◆ WHAT THE EXERCISE ASKS ◆
The response must consist of the lines below from the one with "c p ≡ moved t" through the one with "total-set owes s.consumers c popping", exactly as they appear and with both ends kept.

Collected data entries
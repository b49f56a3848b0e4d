-- ===== src/Semaphore/Exclusion.antt =====
-- The mutex and the semaphore of semaphore_11.cpp.
use mathlib.Core.Option.{some-injective}
use geektime.Semaphore.Front.{pop_back-cons}
use geektime.Prelude.{
  ℕ, zero, suc, ◌+◌, ◌≤◌, ◌<◌, ◌≡◌, refl, sym, ap, ◌∙◌, ◌≢◌, ◌⊎◌, false, some, List, [], ◌∷◌, Bool,
  true, false, load, length, length-append, total, total-set, arith, inl, inr,
}
use geektime.Semaphore.{
  Consumer, Producer, State, init, pop_back, moved, undefined, consume_at, produce_at, Step,
  consumed, produced, Reach, here, next, waiting, popping, locked,
}

-- The thread has the mutex.
abbrev pub holds : Consumer → ℕ
holds waiting = 0
holds Consumer.locking = 0
holds locked = 1
holds popping = 1
holds Consumer.unlocking = 1

abbrev pub producer_holds : Producer → ℕ
producer_holds Producer.locking = 0
producer_holds Producer.pushing = 1
producer_holds Producer.unlocking = 1
producer_holds Producer.posting = 0

-- A task in the list that the thread has yet to take, or to count.
abbrev pub owes : Consumer → ℕ
owes waiting = 0
owes Consumer.locking = 1
owes locked = 1
owes popping = 1
owes Consumer.unlocking = 0

abbrev pub producer_owes : Producer → ℕ
producer_owes Producer.locking = 0
producer_owes Producer.pushing = 0
producer_owes Producer.unlocking = 1
producer_owes Producer.posting = 1

abbrev bit : Bool → ℕ
bit true = 1
bit false = 0

record IsValid (s : State) : Type 0 where
  one_holder : total holds s.consumers + producer_holds s.producer ≡ bit s.locker
  counted : length s.tasks ≡ s.sem + total owes s.consumers + producer_owes s.producer

le-total :
    (f : Consumer → ℕ) (ps : List Consumer) (c : ℕ) (p : Consumer)
    → load ps c ≡ some p
    → f p ≤ total f ps
le-total f [] c p h = cc
le-total f (q ∷ ps) zero p h = omega (arith, ap f (some-injective _ _ h))
le-total f (q ∷ ps) (suc c) p h = omega (arith, le-total f ps c p h)

length-pop_back : (xs rest : List ℕ) → pop_back xs ≡ some rest → suc (length rest) ≡ length xs
length-pop_back [] rest h = cc
length-pop_back (x ∷ []) rest h = ground arith
length-pop_back (x ∷ y ∷ ys) rest h =
    let (r, run, size) = pop_back-cons x y ys in
    let same = some-injective _ _ (sym run ∙ h) in rw (← same) (omega arith)

list-cases : (q : List ℕ) → (q ≡ []) ⊎ ((x : ℕ) × (xs : List ℕ) × (q ≡ x ∷ xs))
list-cases [] = inl refl
list-cases (x ∷ xs) = inr (x, xs, refl)

pop_back-some : (xs : List ℕ) → 0 < length xs → (rest : List ℕ) × (pop_back xs ≡ some rest)
pop_back-some [] h = elim h [ ]
pop_back-some (x ∷ []) h = ([], refl)
pop_back-some (x ∷ y ∷ ys) h = let (r, run, size) = pop_back-cons x y ys in (x ∷ r, run)

-- A consumer that has passed the semaphore finds a task.
owes-tasks :
    (s : State) (c : ℕ) (p : Consumer)
    → IsValid s
    → load s.consumers c ≡ some p
    → owes p ≤ length s.tasks
owes-tasks s c p v at = omega (arith, le-total owes s.consumers c p at, v.counted)

consume_at-IsValid :
    (s t : State) (c : ℕ) (p : Consumer)
    → load s.consumers c ≡ some p
    → consume_at s c p ≡ moved t
    → IsValid s
    → IsValid t
unfolding consume_at
consume_at-IsValid s t c waiting at run v = ground (
  arith,
  total-set holds s.consumers c waiting Consumer.locking at,
  total-set owes s.consumers c waiting Consumer.locking at,
)
consume_at-IsValid s t c Consumer.locking at run v = ground (
  arith,
  total-set holds s.consumers c Consumer.locking locked at,
  total-set owes s.consumers c Consumer.locking locked at,
)
consume_at-IsValid s t c locked at run v = elim (list-cases s.tasks) [
  | inl empty ↦ absurd (omega (arith, owes-tasks s c locked v at, ap length empty))
  | inr (x, xs, found) ↦ ground (
    arith,
    total-set holds s.consumers c locked popping at,
    total-set owes s.consumers c locked popping at,
  )
]
consume_at-IsValid s t c popping at run v =
    let (rest, popped) = pop_back-some s.tasks (owes-tasks s c popping v at) in
    ground (
      arith,
      total-set holds s.consumers c popping Consumer.unlocking at,
      total-set owes s.consumers c popping Consumer.unlocking at,
      length-pop_back s.tasks rest popped,
    )
consume_at-IsValid s t c Consumer.unlocking at run v = ground (
  arith,
  total-set holds s.consumers c Consumer.unlocking waiting at,
  total-set owes s.consumers c Consumer.unlocking waiting at,
)

produce_at-IsValid :
    (s t : State) (p : Producer) → s.producer ≡ p → produce_at s p ≡ moved t → IsValid s → IsValid t
unfolding produce_at
produce_at-IsValid s t Producer.locking at run v = ground arith
produce_at-IsValid s t Producer.pushing at run v =
    ground (arith, length-append s.tasks (suc s.value ∷ []))
produce_at-IsValid s t Producer.unlocking at run v = ground arith
produce_at-IsValid s t Producer.posting at run v = ground arith

init-IsValid : (cnt : ℕ) → IsValid (init cnt)
unfolding init
init-IsValid zero = omega arith
init-IsValid (suc cnt) = let v = init-IsValid cnt in omega arith

Step-IsValid : {s t : State} → IsValid s → Step s t → IsValid t
Step-IsValid {s} {t} v (consumed c p at run) = consume_at-IsValid s t c p at run v
Step-IsValid {s} {t} v (produced run) = produce_at-IsValid s t s.producer refl run v

Reach-IsValid : (cnt : ℕ) {s : State} → Reach (init cnt) s → IsValid s
Reach-IsValid cnt here = init-IsValid cnt
Reach-IsValid cnt (next r step) = Step-IsValid (Reach-IsValid cnt r) step

consume_at-defined :
    (s : State) (c : ℕ) (p : Consumer) → owes p ≤ length s.tasks → consume_at s c p ≢ undefined
unfolding consume_at
consume_at-defined s c waiting few = ground arith
consume_at-defined s c Consumer.locking few = ground arith
consume_at-defined s c locked few = elim (list-cases s.tasks) [
  | inl empty ↦ absurd (omega (arith, ap length empty))
  | inr (x, xs, found) ↦ ground arith
]
consume_at-defined s c popping few = let (rest, popped) = pop_back-some s.tasks few in ground arith
consume_at-defined s c Consumer.unlocking few = ground arith

one_at_most : (s : State) → IsValid s → total holds s.consumers + producer_holds s.producer ≤ 1
one_at_most s v = ground (arith, v.one_holder)

-- In every state that the program reaches, whatever the order of the steps, at most one thread has
-- the mutex, the list holds as many tasks as the semaphore counts and the threads between the
-- semaphore and the list account for, and a consumer that has passed its wait and not yet removed a
-- task finds one: it never calls front() or pop_back() on an empty list.
pub consumers_served :
    (consume_task_cnt : ℕ) {s : State}
    → Reach (init consume_task_cnt) s
    → (c : ℕ) (p : Consumer) → load s.consumers c ≡ some p
    → (total holds s.consumers + producer_holds s.producer ≤ 1)
      × (length s.tasks ≡ s.sem + total owes s.consumers + producer_owes s.producer)
      × (owes p ≤ length s.tasks)
      × (consume_at s c p ≢ undefined)
consumers_served consume_task_cnt {s} r c p at =
    let v = Reach-IsValid consume_task_cnt r in
    let few = owes-tasks s c p v at in
    (one_at_most s v, v.counted, few, consume_at-defined s c p few)
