-- ===== src/Session/Delivery.antt =====
-- A session whose socket works delivers what it was given (server/src/Session.cpp).
use mathlib.Core.List.{append-nil}
use net_pixeld.Prelude.{
  ◌≡◌, refl, sym, ap, ap₂, ◌∙◌, ◌⊎◌, inl, inr, false, List, [], ◌∷◌, ◌++◌, All, arith, Text,
}
use net_pixeld.Prelude.Exec.{continue-ok}
use net_pixeld.Session.{Session, run_posted, on_write, enqueue}
use net_pixeld.Session.Writes.{
  Move, turns, completes, move, moves, texts, pending, IsOrderly, move-Keeps,
}

-- A turn of the strand or a write that succeeds: nothing new is sent and nothing fails.
abbrev pub IsProgress : List Move → Type 0
IsProgress = All (λ m. (m ≡ turns) ⊎ (m ≡ completes false))

turn_lem :
    (s : Session) (text : Text) (rest : List Text)
    → s.posted ≡ text ∷ rest
    → ((move turns s).1.posted ≡ rest)
      × ((move turns s).1.outgoing ≡ s.outgoing ++ text ∷ [])
      × ((move turns s).1.broken ≡ s.broken)
unfolding move run_posted enqueue
turn_lem s text rest e = ground (arith, e)

complete_lem :
    (s : Session) (front : Text) (rest : List Text)
    → IsOrderly s
    → s.broken ≡ false
    → s.outgoing ≡ front ∷ rest
    → ((move (completes false) s).1.posted ≡ s.posted)
      × ((move (completes false) s).1.outgoing ≡ rest)
      × ((move (completes false) s).1.broken ≡ false)
unfolding move on_write
complete_lem s front rest h healthy e = ground (arith, e, healthy, h.healthy)

-- the schedule after its first move
after_move :
    (m : Move) (ms : List Move) (s : Session)
    → IsOrderly s
    → texts (m ∷ []) ≡ []
    → pending (move m s).1 ≡ pending s
    → (moves ms (move m s).1).1.sent ≡ pending (move m s).1
    → (moves (m ∷ ms) s).1.sent ≡ pending s
unfolding moves
after_move m ms s h none same e =
    let k = move-Keeps m s h in
    ap (λ r. r.1.sent) (continue-ok (move m s) (λ _. moves ms) tt k.returns) ∙ e ∙ same

delivers :
    (p o : List Text) (s : Session)
    → IsOrderly s
    → s.broken ≡ false
    → s.posted ≡ p
    → s.outgoing ≡ o
    → (ms : List Move) × IsProgress ms × ((moves ms s).1.sent ≡ pending s)
unfolding moves
delivers [] [] s h healthy e f = ([], tt, sym (ap (◌++◌ s.sent) (ap₂ ◌++◌ f e) ∙ append-nil s.sent))
delivers [] (front ∷ rest) s h healthy e f =
    let m = completes false in
    let (posted, outgoing, works) = complete_lem s front rest h healthy f in
    let k = move-Keeps m s h in
    let (ms, fine, sent) = delivers [] rest (move m s).1 k.orderly works (posted ∙ e) outgoing in
    (m ∷ ms, (inr refl, fine), after_move m ms s h refl (k.order ∙ append-nil (pending s)) sent)
delivers (text ∷ rest) o s h healthy e f =
    let (posted, outgoing, same) = turn_lem s text rest e in
    let k = move-Keeps turns s h in
    let (ms, fine, sent) =
      delivers rest (o ++ text ∷ []) (move turns s).1 k.orderly (same ∙ healthy) posted
        (outgoing ∙ ap (λ q. q ++ text ∷ []) f) in
    (
      turns ∷ ms,
      (inl refl, fine),
      after_move turns ms s h refl (k.order ∙ append-nil (pending s)) sent,
    )

-- From an orderly session whose writes have not failed, some turns of the strand and successful
-- writes lead to a state in which the socket has taken all that was sent, queued and posted, in
-- order.
pub delivered :
    (s : Session)
    → IsOrderly s
    → s.broken ≡ false
    → (ms : List Move) × IsProgress ms × ((moves ms s).1.sent ≡ pending s)
delivered s h healthy = delivers s.posted s.outgoing s h healthy refl refl
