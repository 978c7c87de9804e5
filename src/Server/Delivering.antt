-- ===== src/Server/Delivering.antt =====
-- What a session has been given to send reaches its socket through the server's events
-- (server/src/Server.cpp, server/src/Session.cpp).
use net_pixeld.Prelude.{
  ℕ, ◌≡◌, sym, ap, subst, ◌∙◌, inl, inr, Bool, true, false, not, some, List, [], ◌∷◌, ◌++◌, arith,
  is_empty, if◌then◌else◌, get_elem?, set, set-set, set_get, get_elem?-set_self, get_elem?-lt,
  Bool-cases, Text, All, ◌⊎◌,
}
use net_pixeld.Prelude.Outcome.{ok}
use net_pixeld.Prelude.Exec.{Exec, continue, continue-ok}
use net_pixeld.Json.{Json}
use net_pixeld.Session.{Session, post, run_posted, on_write}
use net_pixeld.Session.Writes.{
  Move, posts, turns, completes, move, moves, pending, unit-state, IsOrderly, move-Keeps,
}
use net_pixeld.Session.Delivery.{IsProgress, delivered}
use net_pixeld.Server.State.{Server}
use net_pixeld.Server.Sessions.{read_session, call_session}
use net_pixeld.Server.Events.{Event, turned, wrote, ready, handler, step, run, on_written}

abbrev event_of : ℕ → Move → Event
event_of ref turns = turned ref
event_of ref (completes ec) = wrote ref ec
event_of ref (posts text) = turned ref

abbrev pub events_of : ℕ → List Move → List Event
events_of ref [] = []
events_of ref (m ∷ ms) = event_of ref m ∷ events_of ref ms

abbrev at : ℕ → Session → Server → Server
at ref o s = record s { objects = set s.objects ref o }

module _ (json : Json) (ref : ℕ) (s : Server) (o : Session)
    (there : get_elem? s.objects ref ≡ some o) (h : IsOrderly o) where
  same : at ref o s ≡ s
  same = ap (λ os. record s { objects = os }) (set_get s.objects ref o there)

  call_lem :
      {A : Type 0} (method : Exec Session A)
      → call_session (some ref) method s ≡ ((method o).0, at ref (method o).1 s)
  unfolding call_session read_session
  call_lem method = rw there

  -- an event, by whether it is ready
  step_lem :
      (event : Event) (b : Bool)
      → ready event s ≡ b
      → step json event s ≡ (if b then handler json event s else (ok tt, s))
  unfolding step
  step_lem event b e = ap (λ c. if c then handler json event s else (ok tt, s)) e

  step_turned : step json (turned ref) s ≡ (ok tt, at ref (move turns o).1 s)
  unfolding move run_posted
  step_turned =
      let returned = (move-Keeps turns o h).returns in
      let is_ready : ready (turned ref) s ≡ not (is_empty o.posted) = ground (arith, there) in
      elim (Bool-cases (is_empty o.posted)) [
        | inl e ↦
            let idle : run_posted o ≡ (ok tt, o) = ground (arith, e) in
            step_lem (turned ref) false (is_ready ∙ ap not e)
            ∙ ap (λ t. (ok tt, t)) (sym same ∙ ap (λ r. at ref r.1 s) (sym idle))
        | inr e ↦
            step_lem (turned ref) true (is_ready ∙ ap not e)
            ∙ call_lem run_posted
            ∙ ap (λ r. (r, at ref (run_posted o).1 s)) returned
      ]

  wrote_returns : (on_write false o).0 ≡ ok false
  unfolding move on_write
  wrote_returns = ground (arith, (move-Keeps (completes false) o h).returns)

  on_written_lem : on_written (some ref) false s ≡ (ok tt, at ref (on_write false o).1 s)
  unfolding on_written call_session read_session
  on_written_lem =
      let again = get_elem?-set_self s.objects ref o (get_elem?-lt s.objects ref o there) in
      rw (there, again, wrote_returns, set-set s.objects ref o (on_write false o).1)

  step_wrote : step json (wrote ref false) s ≡ (ok tt, at ref (move (completes false) o).1 s)
  unfolding move on_write
  step_wrote =
      let is_ready : ready (wrote ref false) s ≡ not (is_empty o.writes) = ground (arith, there) in
      let after : (move (completes false) o).1 ≡ (on_write false o).1 =
        unit-state (on_write false o) in
      elim (Bool-cases (is_empty o.writes)) [
        | inl e ↦
            let idle : (on_write false o).1 ≡ o = ground (arith, e) in
            step_lem (wrote ref false) false (is_ready ∙ ap not e)
            ∙ ap (λ t. (ok tt, t)) (sym same ∙ ap (λ r. at ref r s) (sym (after ∙ idle)))
        | inr e ↦
            step_lem (wrote ref false) true (is_ready ∙ ap not e)
            ∙ on_written_lem
            ∙ ap (λ r. (ok tt, at ref r s)) (sym after)
      ]

-- a session's moves as the server's events
module _ (json : Json) (ref : ℕ) where
  abbrev Steps : Server → Session → Move → Type 0
  Steps s o m = step json (event_of ref m) s ≡ (ok tt, at ref (move m o).1 s)

  run-moves :
      (ms : List Move) (s : Server) (o : Session)
      → get_elem? s.objects ref ≡ some o
      → IsOrderly o
      → IsProgress ms
      → run json (events_of ref ms) s ≡ (ok tt, at ref (moves ms o).1 s)
  unfolding run moves
  run-moves [] s o there h p = ap (λ t. (ok tt, t)) (sym (same json ref s o there h))
  run-moves (m ∷ ms) s o there h (now, later) =
      let k = move-Keeps m o h in
      let after = at ref (move m o).1 s in
      let first : step json (event_of ref m) s ≡ (ok tt, after) = elim now [
        | inl e ↦ subst (Steps s o) (sym e) (step_turned json ref s o there h)
        | inr e ↦ subst (Steps s o) (sym e) (step_wrote json ref s o there h)
      ] in
      let found =
        get_elem?-set_self s.objects ref (move m o).1 (get_elem?-lt s.objects ref o there) in
      let rest = run-moves ms after (move m o).1 found k.orderly later in
      let through = continue-ok (move m o) (λ _. moves ms) tt k.returns in
      ap (λ r. continue r (λ _. run json (events_of ref ms))) first
      ∙ rest
      ∙ ap (λ os. (ok tt, record s { objects = os }))
          (set-set s.objects ref (move m o).1 (moves ms (move m o).1).1)
      ∙ ap (λ r. (ok tt, at ref r.1 s)) (sym through)

  progress :
      (ms : List Move)
      → IsProgress ms
      → All (λ event. (event ≡ turned ref) ⊎ (event ≡ wrote ref false)) (events_of ref ms)
  progress [] p = tt
  progress (m ∷ ms) (now, later) = (
    elim now [ inl e ↦ inl (ap (event_of ref) e) | inr e ↦ inr (ap (event_of ref) e) ],
    progress ms later,
  )

  -- Where an object of the server is a session in which one write is in progress exactly while a
  -- text is queued, and whose writes have not failed: some events, turns of its strand and writes of
  -- it that succeed, all return and lead to its socket having taken all that was sent, queued and
  -- posted, in order.
  pub served :
      (s : Server) (o : Session)
      → get_elem? s.objects ref ≡ some o
      → IsOrderly o
      → o.broken ≡ false
      → (events : List Event) × All
          (λ event. (event ≡ turned ref) ⊎ (event ≡ wrote ref false))
          events
        × ((run json events s).0 ≡ ok tt)
        × (o' : Session) × (get_elem? (run json events s).1.objects ref ≡ some o')
        × (o'.sent ≡ pending o)
  served s o there h healthy =
      let (ms, fine, sent) = delivered o h healthy in
      let ran = run-moves ms s o there h fine in
      (
        events_of ref ms,
        progress ms fine,
        ap (λ r. r.0) ran,
        (moves ms o).1,
        ap (λ r. get_elem? r.1.objects ref) ran
            ∙ get_elem?-set_self s.objects ref (moves ms o).1 (get_elem?-lt s.objects ref o there),
        sent,
      )

  -- a text that was posted
  pub served-post :
      (text : Text) (s : Server) (o : Session)
      → get_elem? s.objects ref ≡ some (post text o)
      → IsOrderly o
      → o.broken ≡ false
      → (events : List Event) × All
          (λ event. (event ≡ turned ref) ⊎ (event ≡ wrote ref false))
          events
        × ((run json events s).0 ≡ ok tt)
        × (o' : Session) × (get_elem? (run json events s).1.objects ref ≡ some o')
        × (o'.sent ≡ pending o ++ text ∷ [])
  unfolding move post
  served-post text s o there h healthy =
      let k = move-Keeps (posts text) o h in
      let (events, fine, ran, o', found, sent) = served s (post text o) there k.orderly healthy in
      (events, fine, ran, o', found, sent ∙ k.order)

◆ RESULT OF THE EXERCISE ◆
    → consume_at s c p ≡ moved t
    → IsValid s
    → IsValid t
unfolding consume_at
consume_at-IsValid s t c waiting at run v = ground (
  arith,
  total-set holds s.consumers c waiting Consumer.locking at,
  total-set owes s.consumers c waiting Consumer.locking at,
)
consume_at-IsValid s t c Consumer.locking at run v = ground (
  arith,
  total-set holds s.consumers c Consumer.locking locked at,
  total-set owes s.consumers c Consumer.locking locked at,
)
consume_at-IsValid s t c locked at run v = elim (list-cases s.tasks) [
  | inl empty ↦ absurd (omega (arith, owes-tasks s c locked v at, ap length empty))
  | inr (x, xs, found) ↦ ground (
    arith,
    total-set holds s.consumers c locked popping at,
    total-set owes s.consumers c locked popping at,
  )
]
consume_at-IsValid s t c popping at run v =
    let (rest, popped) = pop_back-some s.tasks (owes-tasks s c popping v at) in
    ground (
      arith,
      total-set holds s.consumers c popping Consumer.unlocking at,
      total-set owes s.consumers c popping Consumer.unlocking at,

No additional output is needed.